_REQUIREMENT_
Find the string "abbrev" in the records and copy each line where it occurs.
(SOURCE DATA Opens)
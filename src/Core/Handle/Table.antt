-- ===== src/Core/Handle/Table.antt =====
-- The invariant of a handle table, and that `insert` and `remove` keep it.
use mathlib.Core.Path.{subst}
use rnetlib.Prelude.{
  ℕ, zero, suc, ◌+◌, ◌≤◌, ◌<◌, ◌^◌, ◌≡◌, ◌≢◌, refl, ap, ◌∙◌, arith, Bool, true, false, Option, none,
  some, is_none, List, [], ◌∷◌, ◌++◌, length, get_elem?, set, All, length-append, length-set,
  get_elem?-set_ne, lt_of_get_elem?, get_elem?-append_left, get_elem?-append_end, All-append,
}
use rnetlib.Core.Handle.{
  Slot, HandleTable, vacant, new, live_count, place, insert, value_at, encode_handle,
}

abbrev pub IsGeneration : ℕ → Type 0
IsGeneration generation = (1 ≤ generation) × (generation < 2 ^ 32)

abbrev pub Distinct : List ℕ → Type 0
Distinct [] = Unit
Distinct (i ∷ is) = All (λ j. i ≢ j) is × Distinct is

module _ {ℓ} {A : Type ℓ} where
  -- There is a slot at the index, and it holds no value.
  abbrev pub is_hole : Option (Slot A) → Bool
  is_hole none = false
  is_hole (some slot) = is_none slot.value

  abbrev pub IsHole : List (Slot A) → ℕ → Type 0
  IsHole slots index = is_hole (get_elem? slots index) ≡ true

  abbrev pub HasRange : Slot A → Type 0
  HasRange slot = IsGeneration slot.generation

  -- The free list names every slot without a value, once; generations are in range; the slots can be
  -- counted by 32 bits.
  pub record IsValid (t : HandleTable A) : Type 0 where
    pub holes : All (IsHole t.slots) t.free
    pub distinct : Distinct t.free
    pub ranges : All HasRange t.slots
    pub counted : live_count t.slots + length t.free ≡ length t.slots
    pub bounded : length t.slots < 2 ^ 32

  -- A table of one value.
  pub one_slot-IsValid :
      (value : A)
      → IsValid (record { slots = record { generation = 1; value = some value } ∷ []; free = [] })
  unfolding live_count
  one_slot-IsValid value = record {
    holes = tt;
    distinct = tt;
    ranges = ((omega arith, omega arith), tt);
    counted = omega arith;
    bounded = omega arith;
  }

  pub new-IsValid : IsValid (new {A = A})
  unfolding new live_count
  new-IsValid = record {
    holes = tt;
    distinct = tt;
    ranges = tt;
    counted = omega arith;
    bounded = omega arith;
  }

  pub Holes-set :
      (slots : List (Slot A)) (i : ℕ) (s : Slot A) (free : List ℕ)
      → All (λ j. i ≢ j) free
      → All (IsHole slots) free
      → All (IsHole (set slots i s)) free
  Holes-set slots i s [] apart holes = tt
  Holes-set slots i s (j ∷ free) apart holes = (
    ap is_hole (get_elem?-set_ne slots i j s apart.0) ∙ holes.0,
    Holes-set slots i s free apart.1 holes.1,
  )

  pub ranges-set :
      (slots : List (Slot A)) (i : ℕ) (s : Slot A)
      → HasRange s
      → All HasRange slots
      → All HasRange (set slots i s)
  ranges-set [] i s h all = tt
  ranges-set (x ∷ slots) zero s h all = (h, all.1)
  ranges-set (x ∷ slots) (suc i) s h all = (all.0, ranges-set slots i s h all.1)

  pub ranges-get :
      (slots : List (Slot A)) (i : ℕ) {s : Slot A}
      → get_elem? slots i ≡ some s
      → All HasRange slots
      → HasRange s
  ranges-get [] i e all = absurd (cc)
  ranges-get (x ∷ slots) zero e all = ground arith
  ranges-get (x ∷ slots) (suc i) e all = ranges-get slots i e all.1

  abbrev pub weight : Option A → ℕ
  weight none = 0
  weight (some a) = 1

  live_count-cons :
      (s : Slot A) (slots : List (Slot A))
      → live_count (s ∷ slots) ≡ weight s.value + live_count slots
  unfolding live_count
  live_count-cons s slots = go s.value refl
    where
      go : (o : Option A) → s.value ≡ o → live_count (s ∷ slots) ≡ weight s.value + live_count slots
      go none e = rw (e, live_count) (omega arith)
      go (some a) e = rw (e, live_count) (omega arith)

  pub live_count-set :
      (slots : List (Slot A)) (i : ℕ) (s s' : Slot A)
      → get_elem? slots i ≡ some s
      → live_count (set slots i s') + weight s.value ≡ live_count slots + weight s'.value
  live_count-set [] i s s' e = absurd (cc)
  live_count-set (x ∷ slots) zero s s' e =
      let e' : weight x.value ≡ weight s.value = ground arith in
      omega (arith, live_count-cons x slots, live_count-cons s' slots)
  live_count-set (x ∷ slots) (suc i) s s' e = omega (
    arith,
    live_count-cons x slots,
    live_count-cons x (set slots i s'),
    live_count-set slots i s s' e,
  )

  -- A value written into a hole that is no longer free.
  pub place-IsValid :
      (slots : List (Slot A)) (free : List ℕ) (i : ℕ) (s : Slot A) (value : A)
      → get_elem? slots i ≡ some s
      → s.value ≡ none
      → All (λ j. i ≢ j) free
      → All (IsHole slots) free
      → Distinct free
      → All HasRange slots
      → live_count slots + suc (length free) ≡ length slots
      → length slots < 2 ^ 32
      → IsValid (record {
        slots = set slots i (record { generation = s.generation; value = some value });
        free = free;
      })
  place-IsValid slots free i s value at empty apart holes distinct ranges counted bounded =
      let s' : Slot A = record { generation = s.generation; value = some value } in
      record {
        holes = Holes-set slots i s' free apart holes;
        distinct = distinct;
        ranges = ranges-set slots i s' (ranges-get slots i at ranges) ranges;
        counted =
            omega (arith, live_count-set slots i s s' at, ap weight empty, length-set slots i s');
        bounded = omega (arith, length-set slots i s');
      }

  hole_slot :
      (slots : List (Slot A)) (i : ℕ)
      → IsHole slots i
      → (s : Slot A) × (get_elem? slots i ≡ some s) × (s.value ≡ none)
  hole_slot slots i h = go (get_elem? slots i) refl h
    where
      go :
          (o : Option (Slot A))
          → get_elem? slots i ≡ o
          → is_hole o ≡ true
          → (s : Slot A) × (get_elem? slots i ≡ some s) × (s.value ≡ none)
      go none e h' = cc
      go (some s) e h' = (s, e, ground arith)

  Holes-append :
      (slots more : List (Slot A)) (free : List ℕ)
      → All (IsHole slots) free
      → All (IsHole (slots ++ more)) free
  Holes-append slots more [] holes = tt
  Holes-append slots more (i ∷ free) holes =
      let (s, at, empty) = hole_slot slots i holes.0 in
      (
        ap is_hole (get_elem?-append_left slots more i (lt_of_get_elem? slots i at)) ∙ holes.0,
        Holes-append slots more free holes.1,
      )

  live_count-append :
      (slots : List (Slot A)) (s : Slot A)
      → live_count (slots ++ s ∷ []) ≡ live_count slots + weight s.value
  live_count-append [] s = omega (arith, live_count-cons s [])
  live_count-append (x ∷ slots) s = omega (
    arith,
    live_count-cons x slots,
    live_count-cons x (slots ++ s ∷ []),
    live_count-append slots s,
    live_count-cons s [],
  )

  -- The slot that `insert` fills: a hole of the table, or of the table with a new slot.
  pub record Target (t : HandleTable A) (value : A) : Type ℓ where
    pub slots : List (Slot A)
    pub free : List ℕ
    pub index : ℕ
    pub slot : Slot A
    pub at : get_elem? slots index ≡ some slot
    pub empty : slot.value ≡ none
    pub inserted :
        insert t value
        ≡ some (
          encode_handle index slot.generation,
          record {
            slots = set slots index (record { generation = slot.generation; value = some value });
            free = free;
          },
        )
    pub valid : IsValid (record {
      slots = set slots index (record { generation = slot.generation; value = some value });
      free = free;
    })
    pub range : HasRange slot
    pub bounded : index + 1 < 2 ^ 32
    pub same : (j g : ℕ) → value_at (get_elem? slots j) g ≡ value_at (get_elem? t.slots j) g

  pub place_lem :
      (slots : List (Slot A)) (free : List ℕ) (i : ℕ) (value : A) {s : Slot A}
      → get_elem? slots i ≡ some s
      → place slots free i value
        ≡ some (
          encode_handle i s.generation,
          record {
            slots = set slots i (record { generation = s.generation; value = some value });
            free = free;
          },
        )
  unfolding place
  place_lem slots free i value e = rw (e, place) refl

  insert-reuses :
      (t : HandleTable A) (value : A) (i : ℕ) (free : List ℕ)
      → t.free ≡ i ∷ free
      → insert t value ≡ place t.slots free i value
  unfolding insert
  insert-reuses t value i free e = rw (e, insert) refl

  insert-grows :
      (t : HandleTable A) (value : A)
      → t.free ≡ []
      → insert t value ≡ place (t.slots ++ vacant ∷ []) [] (length t.slots) value
  unfolding insert
  insert-grows t value e = rw (e, insert) refl

  value_at-grown :
      (slots : List (Slot A)) (j g : ℕ)
      → value_at (get_elem? (slots ++ vacant ∷ []) j) g ≡ value_at (get_elem? slots j) g
  value_at-grown [] zero g = ground arith
  value_at-grown [] (suc j) g = refl
  value_at-grown (x ∷ slots) zero g = refl
  value_at-grown (x ∷ slots) (suc j) g = value_at-grown slots j g

  Target-of :
      (t : HandleTable A) (value : A) (free : List ℕ)
      → t.free ≡ free
      → IsValid t
      → length t.slots + 1 < 2 ^ 32
      → Target t value
  Target-of t value (i ∷ free) e v room =
      let holes : All (IsHole t.slots) (i ∷ free) = subst (All (IsHole t.slots)) e v.holes in
      let distinct : Distinct (i ∷ free) = subst Distinct e v.distinct in
      let (s, at, empty) = hole_slot t.slots i holes.0 in
      record {
        slots = t.slots;
        free = free;
        index = i;
        slot = s;
        at = at;
        empty = empty;
        inserted = insert-reuses t value i free e ∙ place_lem t.slots free i value at;
        valid =
            place-IsValid t.slots free i s value at empty distinct.0 holes.1 distinct.1 v.ranges
              (omega (arith, v.counted, ap length e)) v.bounded;
        range = ranges-get t.slots i at v.ranges;
        bounded = omega (arith, lt_of_get_elem? t.slots i at, v.bounded);
        same = λ j g. refl;
      }
  Target-of t value [] e v room =
      let at = get_elem?-append_end t.slots vacant in
      record {
        slots = t.slots ++ vacant ∷ [];
        free = [];
        index = length t.slots;
        slot = vacant;
        at = at;
        empty = refl;
        inserted =
            insert-grows t value e
            ∙ place_lem (t.slots ++ vacant ∷ []) [] (length t.slots) value at;
        valid =
            place-IsValid (t.slots ++ vacant ∷ []) [] (length t.slots) vacant value at refl tt tt tt
              (All-append HasRange t.slots (vacant ∷ []) v.ranges (omega arith))
              (omega (
                arith,
                v.counted,
                ap length e,
                live_count-append t.slots vacant,
                length-append t.slots (vacant ∷ []),
              ))
              (omega (arith, length-append t.slots (vacant ∷ [])));
        range = omega arith;
        bounded = room;
        same = value_at-grown t.slots;
      }

  pub insert-Target :
      (t : HandleTable A) (value : A) → IsValid t → length t.slots + 1 < 2 ^ 32 → Target t value
  insert-Target t value v room = Target-of t value t.free refl v room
(SOURCE DATA Closes)
_RESPONSE_
abbrev pub IsGeneration : ℕ → Type 0
abbrev pub Distinct : List ℕ → Type 0
  abbrev pub is_hole : Option (Slot A) → Bool
  abbrev pub IsHole : List (Slot A) → ℕ → Type 0
  abbrev pub HasRange : Slot A → Type 0
  abbrev pub weight : Option A → ℕ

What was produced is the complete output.